Order and judgment entered in the Supreme Court, Bronx County (BRUST, J.) on January 4, and February 4, 1974, respectively, denying the infant claimant's application for leave to file a late notice of claim on the City of New York should be modified on the law, the facts and in the exercise of discretion, without costs, so as to grant the infant claimant's application to file a late notice of claim, and otherwise affirmed.
The opinion of NUNEZ, J. is clearly correct in stating that the various factors in the case lead to the conclusion that discretion should be exercised in favor of the application to allow the late notice of claim. It is not the mere fact of infancy that excuses a late filing, but infancy permits a consideration of the facts leading to an equitable determination.
If the dissent is correct in its analysis, then it is due to the unyielding and blind application of the short Statute of Limitations in cases like Santiago v. Board of Educ. of City of N.Y. ( 41 A.D.2d 616) which has led to such a result.
I concur in the modification of the order of Special Term so as to grant the infant's application to file a late notice of claim under constraint of Sherman v. Metropolitan Tr. Auth. ( 44 A.D.2d 533) and Matter of Potter v. Board of Educ. of City of N Y ( 43 A.D.2d 248).
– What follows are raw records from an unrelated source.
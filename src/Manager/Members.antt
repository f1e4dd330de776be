-- ===== src/Manager/Members.antt =====
-- Who is in which room, through the calls of one connection.
use null_key.Base.{
  ℕ, ◌≡◌, ◌≢◌, ◌⊎◌, sym, subst, ◌∙◌, refl, Bool, true, false, ◌&&◌, Option, none, some, arith,
  Option-cases, inl, inr, if◌then◌else◌, ◌==◌,
}
use null_key.Value.{Value, value_discrete, ◌===◌}
use null_key.JsMap.{get}
use null_key.JsMap.Laws.{get-set}
use null_key.Config.{Config}
use null_key.Net.{Net, Frame}
use null_key.Room.{Room, new_room, some_client, add_client, remove_client, update_last_activity}
use null_key.Room.Capacity.{add_client_members, remove_client_members}
use null_key.Manager.{
  RoomManager, add_room, add_client_to_room, remove_client_from_room, broadcast_to_room,
  bind_invite_token, add_invite_token,
}
use null_key.Manager.Step.{
  Step, adds_room, adds_client, removes_client, broadcasts, binds, adds_token, Steps, here, next,
}

-- The members of a room that was found.
abbrev pub found_member : ℕ → Option Room → Bool
found_member w none = false
found_member w (some r) = some_client w r.clients

-- Whether a socket is listed in a room.
unfoldable pub member : ℕ → Value → RoomManager → Bool
member w k m = found_member w (get k m.rooms)

pub member-add_room :
    (cfg : Config) (now w : ℕ) (id token k : Value) (m : RoomManager)
    → member w k (add_room cfg now id token m).0 ≡ member w k m
unfolding member add_room new_room some_client
member-add_room cfg now w id token k m = ground (arith, get-set id k (new_room cfg now id) m.rooms)

-- After `addClientToRoom` the members are the old ones, and the client if it was added.
pub member-add_client_to_room :
    (now ws w : ℕ) (id k : Value) (m : RoomManager)
    → let (m', added) = add_client_to_room now id ws m in
      member w k m'
      ≡ (if member w k m then true else if ws == w then added && (id === k) else false)
unfolding member add_client_to_room
member-add_client_to_room now ws w id k m = elim (Option-cases (get id m.rooms)) [
  | inl e ↦ ground arith
  | inr (r, e) ↦
      ground (arith, get-set id k (add_client now ws r).0 m.rooms, add_client_members now ws w r)
]

-- After `removeClientFromRoom` the client is not in that room, and every other membership is as it
-- was.
pub member-remove_client_from_room :
    (now ws w : ℕ) (id k : Value) (m : RoomManager)
    → member w k (remove_client_from_room now id ws m).0
      ≡ (if ws == w && (id === k) then false else member w k m)
unfolding member remove_client_from_room
member-remove_client_from_room now ws w id k m = elim (Option-cases (get id m.rooms)) [
  | inl e ↦ ground arith
  | inr (r, e) ↦
      ground
        (arith, get-set id k (remove_client now ws r).0 m.rooms, remove_client_members now ws w r)
]

pub member-broadcast_to_room :
    (now w : ℕ) (id k : Value) (f : Frame) (sender : Option ℕ) (m : RoomManager) (n : Net)
    → member w k (broadcast_to_room now id f sender (m, n)).0 ≡ member w k m
unfolding member broadcast_to_room update_last_activity
member-broadcast_to_room now w id k f sender m n = elim (Option-cases (get id m.rooms)) [
  | inl e ↦ ground arith
  | inr (r, e) ↦ ground (arith, get-set id k (update_last_activity now r) m.rooms)
]

rooms-bind :
    (id token f : Value) (m : RoomManager) → (bind_invite_token id token f m).0.rooms ≡ m.rooms
unfolding bind_invite_token
rooms-bind id token f m = ground arith

rooms-add_invite_token :
    (id token : Value) (m : RoomManager) → (add_invite_token id token m).0.rooms ≡ m.rooms
unfolding add_invite_token
rooms-add_invite_token id token m = ground arith

Step-member :
    {cfg : Config} {ws : ℕ} {J : Value → Type 0} {m m' : RoomManager} (w : ℕ) (k : Value)
    → w ≢ ws
    → Step cfg ws J m m'
    → member w k m' ≡ member w k m
Step-member {cfg} {m} w k d (adds_room now id token) = member-add_room cfg now w id token k m
Step-member {ws} {m} w k d (adds_client now id j) =
    ground (arith, member-add_client_to_room now ws w id k m)
Step-member {ws} {m} w k d (removes_client now id) =
    ground (arith, member-remove_client_from_room now ws w id k m)
Step-member {m} w k d (broadcasts now id f sender n) =
    member-broadcast_to_room now w id k f sender m n
Step-member {m} w k d (binds id token f) = unfold member in rw (rooms-bind id token f m)
Step-member {m} w k d (adds_token id token) =
    unfold member in rw (rooms-add_invite_token id token m)

-- The calls for one connection leave every other client where it is.
pub Steps-member :
    {cfg : Config} {ws : ℕ} {J : Value → Type 0} {m m' : RoomManager} (w : ℕ) (k : Value)
    → w ≢ ws
    → Steps cfg ws J m m'
    → member w k m' ≡ member w k m
Steps-member w k d here = refl
Steps-member w k d (next p s) = Step-member w k d s ∙ Steps-member w k d p

Step-joins :
    {cfg : Config} {ws : ℕ} {J : Value → Type 0} {m m' : RoomManager} (k : Value)
    → Step cfg ws J m m'
    → member ws k m' ≡ true
    → (member ws k m ≡ true) ⊎ J k
Step-joins {cfg} {ws} {m} k (adds_room now id token) h =
    inl (sym (member-add_room cfg now ws id token k m) ∙ h)
Step-joins {ws} {J} {m} k (adds_client now id j) h = elim (value_discrete id k) [
  | yes e ↦ inr (subst J e j)
  | no d ↦ inl (ground (arith, member-add_client_to_room now ws ws id k m))
]
Step-joins {ws} {m} k (removes_client now id) h =
    inl (ground (arith, member-remove_client_from_room now ws ws id k m))
Step-joins {ws} {m} k (broadcasts now id f sender n) h =
    inl (sym (member-broadcast_to_room now ws id k f sender m n) ∙ h)
Step-joins {m} k (binds id token f) h = inl (unfold member in rw (rooms-bind id token f m) at h)
Step-joins {m} k (adds_token id token) h =
    inl (unfold member in rw (rooms-add_invite_token id token m) at h)

-- The connection is in a room that it was in before, or in one that it was let into.
pub Steps-joins :
    {cfg : Config} {ws : ℕ} {J : Value → Type 0} {m m' : RoomManager} (k : Value)
    → Steps cfg ws J m m'
    → member ws k m' ≡ true
    → (member ws k m ≡ true) ⊎ J k
Steps-joins k here h = inl h
Steps-joins k (next p s) h = elim (Step-joins k s h) [ inl e ↦ Steps-joins k p e | inr j ↦ inr j ]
The opinion of NUNEZ, J. makes out an excellent case for the proposition that hard cases make bad law. The facts are accurately stated but the ultimate conclusion can be supported only by a patent disregard of the statutory language. This unfortunate infant did everything that an adult would have done. His attorney as well could not be charged with any lack of diligence because he failed to discover, within the 90-day period, a possible ground for asserting liability against the city. That is what makes this a hard case. Even if one concurs in the view that section 50-e is a mouse-trap in which the necks of otherwise valid claims are broken, it is still the law, and until the courts are empowered to obviate a statute because it is deemed to be unfair it should be followed. The majority opinion takes issue, in a polite and restrained way, with our contention that this case marks the final movement in a complete about-face in this Department. In the prior holdings Special Term's findings that the failure to file a timely claim was in some degree due to infancy was upheld. Though we would not dispute that the affirmances were upon extremely tenuous grounds, this case goes even further and holds that Special Term's finding that the failure was not due to infancy (a factual finding, not a discretionary one) should be reversed without any showing that the factual finding was erroneous. It is therefore perfectly in order to say that the court now holds that infancy alone excuses a late filing not a late filing attributable to infancy. We hold no brief for section 50-e, only for the proper exercise of judicial discipline. We would dissent and vote to affirm.
KUPFERMAN and TILZER, JJ., concur with NUNEZ, J.P., in separate opinions; STEUER, J., dissents in opinion, in which MURPHY, J., concurs.
Order and judgment, Supreme Court, Bronx County, entered on January 4, 1974 and February 4, 1974, respectively, modified, on the law, the facts and in the exercise of discretion, so as to grant the infant claimant's application to file a late notice of claim, and otherwise affirmed, without costs and without disbursements.